Wenceslao sacude la cabeza pero los ojos fijos del Ladeado no lo ven.

– Tío -vuelve a decir-. ¿Le va decir que me mande? -Seguro que sí -dice Wenceslao. Están sentados uno frente al otro: Wenceslao, que rema, de espaldas a la dirección que lleva la canoa. Ve por lo tanto, por encima de la cabeza del Ladeado, cómo la orilla de la isla se aleja de ellos, gradual. Los árboles bajo cuya sombra había estado un rato antes recogiendo higos y limones se han convertido en una masa verde que se confunde con la gran mancha verde de la isla. Pero todavía no es una mancha verde sino una maraña intrincada de arbustos y pastos y árboles, con las barrancas de tierra clara yéndose a pique sobre el río y el descenso amarillo de la playa inclinándose hacia el agua.

– Mi papá dice que no -dice el Ladeado-. Dice que no voy a servir para eso ni para tampoco trabajar.

– Él dice nomás -dice Wenceslao-. ¿Acaso no te han mandado buscarme? Has cruzado solo el río con la canoa.
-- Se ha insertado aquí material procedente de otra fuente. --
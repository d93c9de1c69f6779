-- ===== src/Config/Ini/Assigned.antt =====
-- The values of a key after sources were parsed.
use mathlib.Core.List.{append_assoc, append-nil}
use mathlib.Core.Path.{subst}
use irnmn.Prelude.{
  String, ◌≡◌, refl, true, false, ◌==◌, ◌&&◌, eq_iff, eq_refl, Bool-cases, inl, inr, arith, ◌∙◌,
  sym, ap, List, [], ◌∷◌, ◌++◌, is_empty, Option, none, some, if◌then◌else◌,
}
use irnmn.Config.Ini.{
  find_in, put_in, Section, Sections, Line, section_line, assignment_line, Parser, orphan_section,
  or_empty, new_section, lines_of, assign_to, assign_in, assignment, read_lines,
}

-- The values of a key of a section.
abbrev pub value_at : String → String → Sections → Option (List (List String))
value_at section key sections = find_in key (or_empty (find_in section sections))

abbrev pub name_of : Option String → String
name_of none = orphan_section
name_of (some section) = section

-- The assignments of a source to a key of a section, which is the one of the last section line.
unfoldable pub assigned : String → String → Option String → List Line → List (List String)
assigned section key cur [] = []
assigned section key cur (section_line s ∷ lines) = assigned section key (some s) lines
assigned section key cur (assignment_line k value ∷ lines) =
    let rest = assigned section key (some (name_of cur)) lines in
    if name_of cur == section && k == key then lines_of value ∷ rest else rest

-- The values with those of later lines.
abbrev pub and_later :
    Option (List (List String)) → List (List String) → Option (List (List String))
and_later none [] = none
and_later none (v ∷ values) = some (v ∷ values)
and_later (some old) values = some (old ++ values)

abbrev pub override : {A : Type 0} → Option A → Option A → Option A
override (some a) old = some a
override none old = old

pub find_in-put_in :
    {A : Type 0} (k j : String) (a : A) (d : List (String × A))
    → find_in j (put_in k a d) ≡ (if k == j then some a else find_in j d)
unfolding find_in put_in
find_in-put_in k j a [] = refl
find_in-put_in k j a ((i, b) ∷ rest) =
    ground (arith, eq_iff k j, eq_iff i k, eq_iff i j, find_in-put_in k j a rest)

empty_is : {A : Type 0} (xs : List A) → is_empty xs ≡ true → xs ≡ []
empty_is [] h = refl
empty_is (x ∷ xs) h = absurd (ground (arith, h))

later-later :
    (old : Option (List (List String))) (v : List String) (rest : List (List String))
    → and_later (some (or_empty old ++ (v ∷ []))) rest ≡ and_later old (v ∷ rest)
later-later none v rest = refl
later-later (some xs) v rest = ap some (append_assoc xs (v ∷ []) rest)

later-nil : (old : Option (List (List String))) → and_later old [] ≡ old
later-nil none = refl
later-nil (some xs) = ap some (append-nil xs)

pub find-same :
    {A : Type 0} (k j : String) (a : A) (d : List (String × A))
    → (k == j) ≡ true
    → find_in j (put_in k a d) ≡ some a
find-same k j a d same = find_in-put_in k j a d ∙ ground (arith, same)

pub find-other :
    {A : Type 0} (k j : String) (a : A) (d : List (String × A))
    → (k == j) ≡ false
    → find_in j (put_in k a d) ≡ find_in j d
find-other k j a d other = find_in-put_in k j a d ∙ ground (arith, other)

extended :
    {A : Type 0} (k key : String) (v : A) (d : List (String × List A))
    → find_in key (put_in k (or_empty (find_in k d) ++ (v ∷ [])) d)
      ≡ (if k == key then some (or_empty (find_in key d) ++ (v ∷ [])) else find_in key d)
extended k key v d = elim (Bool-cases (k == key)) [
  | inl same ↦
      rw (find-same k key (or_empty (find_in k d) ++ (v ∷ [])) d same, same)
        (ap (λ j. some (or_empty (find_in j d) ++ (v ∷ []))) ((eq_iff k key).0 same))
  | inr other ↦ rw (find-other k key (or_empty (find_in k d) ++ (v ∷ [])) d other, other) refl
]

module _ (section key : String) where
  new_section-value_at :
      (s : String) (p : Parser)
      → value_at section key (new_section s p).cur_sections ≡ value_at section key p.cur_sections
  unfolding new_section
  new_section-value_at s p = elim (Bool-cases (is_empty (or_empty (find_in s p.cur_sections)))) [
    | inr full ↦ rw full refl
    | inl vacant ↦ elim (Bool-cases (s == section)) [
      | inl same ↦
          rw (vacant, find-same {A = Section} s section [] p.cur_sections same)
            (ap (find_in key) (
              sym (
                subst (λ t. or_empty (find_in t p.cur_sections) ≡ []) ((eq_iff s section).0 same)
                  (empty_is _ vacant))))
      | inr other ↦ rw (vacant, find-other {A = Section} s section [] p.cur_sections other) refl
    ]
  ]

  abbrev extend : String → String → List String → Sections → Option (List (List String))
  extend s k value sections =
      if s == section && k == key
      then some (or_empty (value_at section key sections) ++ (lines_of value ∷ []))
      else value_at section key sections

  assign_to-value_at :
      (s k : String) (value : List String) (sections : Sections)
      → value_at section key (assign_to s k value sections) ≡ extend s k value sections
  assign_to-value_at s k value sections = elim (Bool-cases (s == section)) [
    | inl same ↦
        subst (λ t. value_at section key (assign_to t k value sections) ≡ extend t k value sections)
          (sym ((eq_iff s section).0 same)) here
    | inr other ↦ rw (other, find-other {A = Section} s section _ sections other) refl
  ]
    where
      here :
          value_at section key (assign_to section k value sections)
          ≡ extend section k value sections
      here =
          rw
            (
              find-same {A = Section} section section
                  (put_in k
                    (or_empty (find_in k (or_empty (find_in section sections)))
                      ++ (lines_of value ∷ []))
                    (or_empty (find_in section sections)))
                  sections (eq_refl section),
              eq_refl section,
            )
            (extended k key (lines_of value) (or_empty (find_in section sections)))

  assign_in-value_at :
      (cur : Option String) (k : String) (value : List String) (p : Parser)
      → value_at section key (assign_in cur k value p).cur_sections
        ≡ extend (name_of cur) k value p.cur_sections
  assign_in-value_at (some s) k value p = assign_to-value_at s k value p.cur_sections
  assign_in-value_at none k value p =
      assign_to-value_at orphan_section k value (new_section orphan_section p).cur_sections
      ∙ ap
          (λ o.
            if orphan_section == section && k == key
            then some (or_empty o ++ (lines_of value ∷ []))
            else o)
          (new_section-value_at orphan_section p)

  assign_in-cur_section :
      (cur : Option String) (k : String) (value : List String) (p : Parser)
      → (assign_in cur k value p).cur_section ≡ some (name_of cur)
  assign_in-cur_section none k value p = refl
  assign_in-cur_section (some s) k value p = refl

  later-extend :
      (s k : String) (value : List String) (sections : Sections) (rest : List (List String))
      → and_later (extend s k value sections) rest
        ≡ and_later
            (value_at section key sections)
            (if s == section && k == key then lines_of value ∷ rest else rest)
  later-extend s k value sections rest = elim (Bool-cases (s == section && k == key)) [
    | inl same ↦ rw same (later-later (value_at section key sections) (lines_of value) rest)
    | inr other ↦ rw other refl
  ]

  -- A source adds to the values of a key those that it assigns.
  pub read_lines-value_at :
      (lines : List Line) (p : Parser)
      → value_at section key (read_lines lines p).cur_sections
        ≡ and_later (value_at section key p.cur_sections) (assigned section key p.cur_section lines)
  unfolding read_lines assigned assignment
  read_lines-value_at [] p = sym (later-nil (value_at section key p.cur_sections))
  read_lines-value_at (section_line s ∷ lines) p =
      read_lines-value_at lines (new_section s p)
      ∙ ap (λ o. and_later o (assigned section key (some s) lines)) (new_section-value_at s p)
  read_lines-value_at (assignment_line k value ∷ lines) p =
      read_lines-value_at lines (assign_in p.cur_section k value p)
      ∙ rw
          (
            assign_in-cur_section p.cur_section k value p,
            assign_in-value_at p.cur_section k value p,
          )
          (later-extend (name_of p.cur_section) k value p.cur_sections _)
Eso es un trabajo.

– Pero mi papá dice que traigo mala suerte -dice el Ladeado-. Dice que nací torcido, y que traigo mala suerte. -Cosas del borracho de tu padre -se ríe Wenceslao-. ¿De dónde sacó eso?

– Me ve y sacude la cabeza, y se pone a quejarse -dice el Ladeado.

Wenceslao se ríe. -Qué bruto -dice.

El Ladeado frunce más las cejas y resopla, parpadeando muchas veces al hablar.

– El tío Rogelio dice que le va decir que tiene que mandarme. ¿Usted también le va decir, tío?

– Claro que sí -dice Wenceslao, riéndose.

– ¿En serio, tío?

Wenceslao deja de reírse. Mira al Ladeado en la cara.

– Palabra de honor que le voy a decir -dice Wenceslao.